In loving memory of my beloved friend and Artist of the higest calibre, Sheikh Taha, may you rest in peace . The world of Egyptian Music lost a Giant who will never be replaced .....
SHEIKH TAHA was a well-known composer earning a modest living on his royalties. Some of his well known pieces include tunes I use in classand this is one of them , "Sah Enda Emboh" and he also composed "Hassan" .
He worked with many famous people e.g. Nagwa Fouad, Suheir Zaki and Abdel Halim Hafez – his career spanned in excess of 50 years or more. Those who merit the title Sheikh (masculine) or Sheika (feminine) are musicians/singers of great talent and renown who are recognised and respected as such. You also get the term Rais and Raisa used as well.
'Sah Ehdah Embo'
Translation: Give the baby lamb a drink
I am able to give you some background information on this piece, which will better enable you to understand the context of this song, and I am doing so with the consent of Sheikh Taha.

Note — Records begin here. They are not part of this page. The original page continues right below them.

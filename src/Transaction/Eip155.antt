-- ===== src/Transaction/Eip155.antt =====
-- What a signed transaction carries: the signature's `v`, its bytes and its hash.
use fast_wallet.Base.{ℕ, ◌+◌, ◌-◌, ◌*◌, ◌/◌, ◌%◌, ◌≤◌, ◌<◌, ◌≡◌, refl, u64_mod, arith}
use fast_wallet.Errors.{ok, err, signing_error}
use fast_wallet.Transaction.{
  Bytes, TypedTransaction, legacy, eip2930, eip1559, RecoverableSignature,
}
use fast_wallet.Transaction.Rlp.{IsExact}
use fast_wallet.Transaction.Forms.{encode_signed}
use fast_wallet.Transaction.Standards.{Standard}
use fast_wallet.Transaction.Framing.{encode_signed-framed}
use fast_wallet.Transaction.Sign.{
  Crypto, signature, refused, Transaction, first_bytes, bytes_from, sign_hash, sign_hash_typed,
  signing_hash, sign_typed, sign,
}

module _ (C : Crypto) where
  -- From the `v` of a hash signed for a chain, whose doubled id leaves room in a word, and with a recovery
  -- id of 0 or 1, the chain id and the recovery id are read back as EIP-155 says.
  pub sign_hash-recovers :
      (hash bytes : Bytes) (chain rec_id : ℕ)
      → C.sign_prehash_recoverable hash ≡ signature bytes rec_id
      → rec_id ≤ 1
      → chain * 2 + 36 < u64_mod
      → (sig : RecoverableSignature) × (sign_hash C hash chain ≡ ok sig)
        × ((sig.v - 35) / 2 ≡ chain)
        × ((sig.v - 35) % 2 ≡ rec_id)
  unfolding sign_hash
  sign_hash-recovers hash bytes chain rec_id e low fits =
      let v = (rec_id + 35 + chain * 2) % u64_mod in
      (
        record { r = first_bytes 32 bytes; s = bytes_from 32 bytes; v = v },
        rw e refl,
        omega arith,
        omega arith,
      )

  -- A signature that succeeds gives the transaction that was asked for, its bytes are the envelope of the
  -- list of the standard's items under that signature, and its hash is the hash of these bytes; the
  -- lengths of the RLP library being right.
  pub sign-framed :
      (tx : TypedTransaction) (sig : RecoverableSignature)
      → IsExact C.rlp
      → sign_typed C tx ≡ ok sig
      → (signed : Transaction) × (sign C tx ≡ ok signed)
        × (signed.typed_tx ≡ tx)
        × Standard C.rlp tx sig signed.encoded
        × (signed.hash ≡ C.keccak256 signed.encoded)
  unfolding sign
  sign-framed tx sig exact e =
      let encoded = encode_signed C.rlp tx sig in
      let signed : Transaction = record {
        typed_tx = tx;
        signature = sig;
        encoded = encoded;
        hash = C.keccak256 encoded;
      } in
      (signed, rw e refl, refl, encode_signed-framed C.rlp exact tx sig, refl)

  -- When the curve refuses the hash, nothing is signed and the refusal is the error.
  pub sign-refused :
      (tx : TypedTransaction) (why : Bytes)
      → C.sign_prehash_recoverable (signing_hash C tx) ≡ refused why
      → sign C tx ≡ err (signing_error why)
  unfolding sign sign_typed sign_hash sign_hash_typed
  sign-refused (legacy tx) why e = rw e refl
  sign-refused (eip2930 tx) why e = rw e refl
  sign-refused (eip1559 tx) why e = rw e refl
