-- ===== src/Transaction/Identity.antt =====
-- What building, bumping and signing keep of a transaction, and which form a request takes.
use fast_wallet.Base.{
  sym, inl, inr, Bool-cases, ℕ, ◌+◌, ◌*◌, ◌<◌, ◌≡◌, refl, ap, ◌||◌, Option, none, some, is_some,
  unwrap_or, u256_mod,
}
use fast_wallet.Errors.{WalletResult, ok, err}
use fast_wallet.Fees.Bump.{bump_grows}
use fast_wallet.Transaction.{
  Bytes, TypedTransaction, legacy, eip2930, eip1559, chain_id, nonce, max_fee_per_gas,
  max_priority_fee_per_gas, with_bumped_fees,
}
use fast_wallet.Transaction.Request.{TransactionRequest, build}

-- What a transaction does, whatever it pays: recipient, value and payload.
abbrev pub intent : TypedTransaction → Option Bytes × ℕ × Bytes
intent (legacy tx) = (tx.to, tx.value, tx.payload)
intent (eip2930 tx) = (tx.to, tx.value, tx.payload)
intent (eip1559 tx) = (tx.to, tx.value, tx.payload)

abbrev pub gas_limit : TypedTransaction → ℕ
gas_limit (legacy tx) = tx.gas_limit
gas_limit (eip2930 tx) = tx.gas_limit
gas_limit (eip1559 tx) = tx.gas_limit

-- What a request says, on the side of the request.
abbrev pub Agrees : TransactionRequest → WalletResult TypedTransaction → Type 0
Agrees q (err e) = ⊥
Agrees q (ok tx) =
    (chain_id tx ≡ q.chain_id)
    × (nonce tx ≡ q.nonce)
    × (intent tx ≡ (q.to, q.value, q.payload))
    × (gas_limit tx ≡ q.gas_limit)
    × (is_some (max_fee_per_gas tx)
        ≡ (is_some q.max_fee_per_gas || is_some q.max_priority_fee_per_gas))

-- Building a request never fails, and its transaction has the request's chain, nonce, recipient, value,
-- payload and gas limit; it carries EIP-1559 fees exactly when the request names one of the two.
pub build-Agrees : (q : TransactionRequest) → Agrees q (build q)
unfolding build chain_id nonce max_fee_per_gas
build-Agrees q =
    elim (Bool-cases (is_some q.max_fee_per_gas || is_some q.max_priority_fee_per_gas)) [
      | inl e ↦ rw e (refl, refl, refl, refl, sym e)
      | inr e ↦ rw e (elim (Bool-cases (is_some q.access_list)) [
        | inl a ↦ rw a (refl, refl, refl, refl, sym e)
        | inr a ↦ rw a (refl, refl, refl, refl, sym e)
      ])
    ]

-- A transaction whose fees can be bumped keeps its chain, nonce, recipient, value, payload and gas limit.
pub bump-keeps :
    (tx bumped : TypedTransaction) (bps : ℕ)
    → with_bumped_fees tx bps ≡ some bumped
    → (chain_id bumped ≡ chain_id tx)
      × (nonce bumped ≡ nonce tx)
      × (intent bumped ≡ intent tx)
      × (gas_limit bumped ≡ gas_limit tx)
unfolding with_bumped_fees chain_id nonce
bump-keeps (eip1559 tx) bumped bps e =
    let same = ap (λ o. unwrap_or o (eip1559 tx)) e in
    (sym (ap chain_id same), sym (ap nonce same), sym (ap intent same), sym (ap gas_limit same))
bump-keeps (legacy tx) bumped bps e = cc
bump-keeps (eip2930 tx) bumped bps e = cc

-- A fee of an option, with its room for a bump within the word, and not zero.
abbrev pub CanGrow : Option ℕ → ℕ → Type 0
CanGrow none bps = ⊥
CanGrow (some fee) bps = (0 < fee) × (fee * (10_000 + bps) + 9999 < u256_mod)

abbrev pub LtFee : Option ℕ → Option ℕ → Type 0
LtFee (some a) (some b) = a < b
LtFee _ _ = ⊥

-- A bump other than zero of a transaction whose two fees are not zero and have room within the word
-- succeeds and raises both fees, as the replacement rule wants.
pub bump-raises :
    (tx : TypedTransaction) (bps : ℕ)
    → 0 < bps
    → CanGrow (max_fee_per_gas tx) bps
    → CanGrow (max_priority_fee_per_gas tx) bps
    → (bumped : TypedTransaction) × (with_bumped_fees tx bps ≡ some bumped)
      × LtFee (max_fee_per_gas tx) (max_fee_per_gas bumped)
      × LtFee (max_priority_fee_per_gas tx) (max_priority_fee_per_gas bumped)
unfolding with_bumped_fees max_fee_per_gas max_priority_fee_per_gas
bump-raises (legacy tx) bps p cap tip = elim cap [ ]
bump-raises (eip2930 tx) bps p cap tip = elim cap [ ]
bump-raises (eip1559 tx) bps p cap tip = (
  _,
  refl,
  bump_grows tx.max_fee_per_gas bps cap.1 cap.0 p,
  bump_grows tx.max_priority_fee_per_gas bps tip.1 tip.0 p,
)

The story starts with an interesting character (a little unstable) called Rais Bira. Rais is a title pronounced rice meaning Chief/Boss/Master. So 'Chief Beer' –- beer because he likes beer. His occupation was undertaker, a wealthy job and he liked wearing big rings on his fingers he also plays percussion rather well. In the early 1970s Taha and Rais Bira were in a band with Ahmed Adawe - then not a celebrity.
Rais Bira was very taken with a certain lady and he composed a special song for her that he asked Taha to help him with. Taha agreed on the condition that he alone composed the music (and therefore had more rights, composers being better recognised and rewarded than lyricists).
Taha read the lyrics, which were about the delights of this lady, especially of her physical attributes and were over egged to say the least, also Rais Bira being slightly eccentric, some of them made no sense at all.
Taha said something along the lines that he would strip "some of the jewels to reveal the brilliance of the diamonds" (remember he was a diplomat!).
He told me that the original text was like reading a copy of the Daily Telegraph rather than an ode to love!! So with some adjustments he then composed the music. It goes like this:
AMIE pronounced am ee ay, meaning you are such an amazing woman I am upgrading you to the status of a man
the next part says FETCH ME A BEAUTIFUL BABY BOY (meaning the lady asks this of the man – she is inviting him to make love –- a real scandal at that time)
then MAKE MY LONG NIGHTS SHORTER (meaning let's get better acquainted and occupy our nights with more than sleep – even more scandalous.
I have heard lots of arrangements some are instrumental, but the one that I like best is found on "THE VERY BEST OF ADAWEIA".
Note the different spelling, Arabic is phonetic by the way. It is how you say it in English that is important. This raises an important point.
When you identify the name of the piece of music that you like, ensure that you get the right one that you want by noting the arrangement, record label, musicians and singers etc. Otherwise you will find you have got the piece you want but it is a different arrangement.